# What is being asked
Copy all lines containing the string "total" from the records below.

# Supplied material
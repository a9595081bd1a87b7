-- ===== src/MessageBus/Bus.antt =====
-- rust-api/src/orchestrator/message_bus.rs: `ModuleMessageBus`. The channels of tokio are parameters: the
-- queues of the modules are the interface Mpsc, and a publication is handed the number of broadcast
-- receivers. Times are handed in, and so is the size of a message. A rate is a fraction, and a
-- percentage a whole number, in place of f64. No call comes between the steps of another.
use angavu_intelligence_back.Common.{
  ℕ, ◌+◌, ◌*◌, ◌%◌, ◌^◌, ◌≡◌, Bool, true, false, ◌&&◌, Option, some, none, List, [], ◌∷◌, ◌++◌,
  length, String, Result, ok, err, ltb, leb, ◌==◌, if◌then◌else◌,
}
use angavu_intelligence_back.MessageBus.{
  ModuleId, same_module, Priority, low, normal, high, critical, ModuleMessage, extract_trace_id,
  message_type_name, extract_source_module, extract_priority,
}

pub record MessageBusConfig : Type 0 where
  pub broadcast_capacity : ℕ
  pub module_queue_capacity : ℕ
  pub audit_enabled : Bool
  pub backpressure_threshold_pct : ℕ
  pub drop_low_priority_on_pressure : Bool

abbrev pub default_config : MessageBusConfig
default_config = record {
  broadcast_capacity = 16384;
  module_queue_capacity = 4096;
  audit_enabled = true;
  backpressure_threshold_pct = 75;
  drop_low_priority_on_pressure = true;
}

pub record AuditEntry : Type 0 where
  pub timestamp : ℕ
  pub trace_id : String
  pub message_type : String
  pub source : ModuleId
  pub destination : Option ModuleId
  pub priority : Priority
  pub payload_size_bytes : ℕ

pub data BusError : Type 0 where
  module_queue_full : ModuleId → BusError
  module_not_registered : ModuleId → BusError

-- The outcome of `try_send`.
pub data TrySend : Type 0 where
  sent full closed : TrySend

-- The bounded channels of tokio. `accepted` is what a channel was ever given, the oldest first. `send`
-- waits for room, and fails if the receiver is gone.
pub record Mpsc (M : Type 0) : Type 1 where
  pub Queue : Type 0
  pub channel : ℕ → Queue
  pub try_send : M → Queue → TrySend × Queue
  pub send : M → Queue → Bool × Queue
  pub accepted : Queue → List M
  pub try_send-sent :
      (m : M) (q : Queue)
      → (try_send m q).0 ≡ sent
      → accepted (try_send m q).1 ≡ accepted q ++ m ∷ []
  pub try_send-full :
      (m : M) (q : Queue) → (try_send m q).0 ≡ full → accepted (try_send m q).1 ≡ accepted q
  pub try_send-closed :
      (m : M) (q : Queue) → (try_send m q).0 ≡ closed → accepted (try_send m q).1 ≡ accepted q
  pub send-true :
      (m : M) (q : Queue) → (send m q).0 ≡ true → accepted (send m q).1 ≡ accepted q ++ m ∷ []
  pub send-false : (m : M) (q : Queue) → (send m q).0 ≡ false → accepted (send m q).1 ≡ accepted q

-- `fetch_add(1)`
abbrev pub fetch_add : ℕ → ℕ
fetch_add n = (n + 1) % 2 ^ 64

abbrev is_low : Priority → Bool
is_low low = true
is_low _ = false

-- `priority >= Priority::High`
abbrev pub at_least_high : Priority → Bool
at_least_high high = true
at_least_high critical = true
at_least_high _ = false

size_of : Option ℕ → ℕ
size_of none = 0
size_of (some n) = n

-- The buffer is emptied at 512 entries, and the entries taken out are counted in a log line only.
unfoldable pub push_entry : AuditEntry → List AuditEntry → List AuditEntry
push_entry e buffer =
    let pushed = buffer ++ e ∷ [] in if leb 512 (length pushed) then [] else pushed

module _ {A : Type 0} (mpsc : Mpsc (ModuleMessage A)) (size : ModuleMessage A → Option ℕ) where
  open mpsc use {Queue, channel, try_send, send, accepted}

  -- `broadcasts` is what the broadcast channel was given.
  pub record ModuleMessageBus : Type 0 where
    pub broadcasts : List (ModuleMessage A)
    pub module_queues : List (ModuleId × Queue)
    pub audit_buffer : List AuditEntry
    pub config : MessageBusConfig
    pub messages_published : ℕ
    pub messages_delivered : ℕ
    pub messages_dropped : ℕ
    pub backpressure_events : ℕ

  unfoldable pub new : MessageBusConfig → ModuleMessageBus
  new config = record {
    broadcasts = [];
    module_queues = [];
    audit_buffer = [];
    config = config;
    messages_published = 0;
    messages_delivered = 0;
    messages_dropped = 0;
    backpressure_events = 0;
  }

  unfoldable pub queue_of : ModuleId → List (ModuleId × Queue) → Option Queue
  queue_of id [] = none
  queue_of id ((j, q) ∷ qs) = if same_module j id then some q else queue_of id qs

  unfoldable pub set_queue : ModuleId → Queue → List (ModuleId × Queue) → List (ModuleId × Queue)
  set_queue id q [] = (id, q) ∷ []
  set_queue id q ((j, p) ∷ qs) =
      if same_module j id then (id, q) ∷ qs else (j, p) ∷ set_queue id q qs

  unfoldable pub register_module : ModuleId → ModuleMessageBus → ModuleMessageBus
  register_module module_id b = record b {
    module_queues = set_queue module_id (channel b.config.module_queue_capacity) b.module_queues;
  }

  unfoldable pub entry_of : ℕ → ModuleMessage A → Option ModuleId → AuditEntry
  unfolding size_of
  entry_of now m destination = record {
    timestamp = now;
    trace_id = extract_trace_id m;
    message_type = message_type_name m;
    source = extract_source_module m;
    destination = destination;
    priority = extract_priority m;
    payload_size_bytes = size_of (size m);
  }

  unfoldable pub audit_log :
      ℕ → ModuleMessage A → Option ModuleId → ModuleMessageBus → ModuleMessageBus
  unfolding push_entry entry_of
  audit_log now m destination b = record b {
    audit_buffer = push_entry (entry_of now m destination) b.audit_buffer;
  }

  unfoldable pub audited :
      ℕ → ModuleMessage A → Option ModuleId → ModuleMessageBus → ModuleMessageBus
  unfolding audit_log
  audited now m destination b = if b.config.audit_enabled then audit_log now m destination b else b

  -- `dropped / (published + dropped) > 1 - pct`, multiplied out.
  unfoldable pub backpressure_active : ModuleMessageBus → Bool
  backpressure_active b =
      let total = (b.messages_published + b.messages_dropped) % 2 ^ 64 in
      if b.messages_published == 0
      then false
      else ltb (total * 100)
          (b.messages_dropped * 100 + total * b.config.backpressure_threshold_pct)

  -- The result is always `Ok(())`.
  unfoldable pub publish : ℕ → ℕ → ModuleMessage A → ModuleMessageBus → ModuleMessageBus
  unfolding audited
  publish now receivers m b =
      if (b.config.drop_low_priority_on_pressure && is_low (extract_priority m))
        && backpressure_active b
      then record b { messages_dropped = fetch_add b.messages_dropped }
      else let c = audited now m none b in
        if receivers == 0 then c else record c {
          broadcasts = c.broadcasts ++ m ∷ [];
          messages_published = fetch_add c.messages_published;
        }

  unfoldable pub publish_priority :
      ℕ → ℕ → ModuleMessage A → Priority → ModuleMessageBus → ModuleMessageBus
  publish_priority now receivers m critical b = publish now receivers m b
  publish_priority now receivers m low b = publish now receivers m b
  publish_priority now receivers m normal b = publish now receivers m b
  publish_priority now receivers m high b = publish now receivers m b

  -- What follows the wait for room.
  unfoldable pub after_wait :
      ModuleId → Bool × Queue → ModuleMessageBus → Result BusError (Unit {0}) × ModuleMessageBus
  after_wait target (true, q) b = (
    ok tt,
    record b {
      module_queues = set_queue target q b.module_queues;
      messages_delivered = fetch_add b.messages_delivered;
      backpressure_events = fetch_add b.backpressure_events;
    },
  )
  after_wait target (false, q) b = (
    err (module_queue_full target),
    record b { module_queues = set_queue target q b.module_queues },
  )

  -- The queue is full: an important message waits for room, another is dropped.
  unfoldable pub on_full :
      ModuleId
      → ModuleMessage A
      → Queue
      → ModuleMessageBus
      → Result BusError (Unit {0}) × ModuleMessageBus
  on_full target m q b =
      if at_least_high (extract_priority m)
      then after_wait target (send m q) b
      else (ok tt, record b { messages_dropped = fetch_add b.messages_dropped })

  unfoldable pub after_try :
      ModuleId
      → ModuleMessage A
      → TrySend × Queue
      → ModuleMessageBus
      → Result BusError (Unit {0}) × ModuleMessageBus
  after_try target m (sent, q) b = (
    ok tt,
    record b {
      module_queues = set_queue target q b.module_queues;
      messages_delivered = fetch_add b.messages_delivered;
    },
  )
  after_try target m (full, q) b =
      on_full target m q (record b { module_queues = set_queue target q b.module_queues })
  after_try target m (closed, q) b = (
    err (module_not_registered target),
    record b { module_queues = set_queue target q b.module_queues },
  )

  -- `send_to_module`, after the audit log.
  unfoldable pub deliver :
      ModuleId → ModuleMessage A → ModuleMessageBus → Result BusError (Unit {0}) × ModuleMessageBus
  deliver target m b = elim (queue_of target b.module_queues) [
    | none ↦ (err (module_not_registered target), b)
    | some q ↦ after_try target m (try_send m q) b
  ]

  unfoldable pub send_to_module :
      ℕ
      → ModuleId
      → ModuleMessage A
      → ModuleMessageBus
      → Result BusError (Unit {0}) × ModuleMessageBus
  unfolding audited
  send_to_module now target m b = deliver target m (audited now m (some target) b)

  unfoldable pub flush_audit : ModuleMessageBus → List AuditEntry × ModuleMessageBus
  flush_audit b = (b.audit_buffer, record b { audit_buffer = [] })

# Result below
      let total = (b.messages_published + b.messages_dropped) % 2 ^ 64 in
      else ltb (total * 100)
          (b.messages_dropped * 100 + total * b.config.backpressure_threshold_pct)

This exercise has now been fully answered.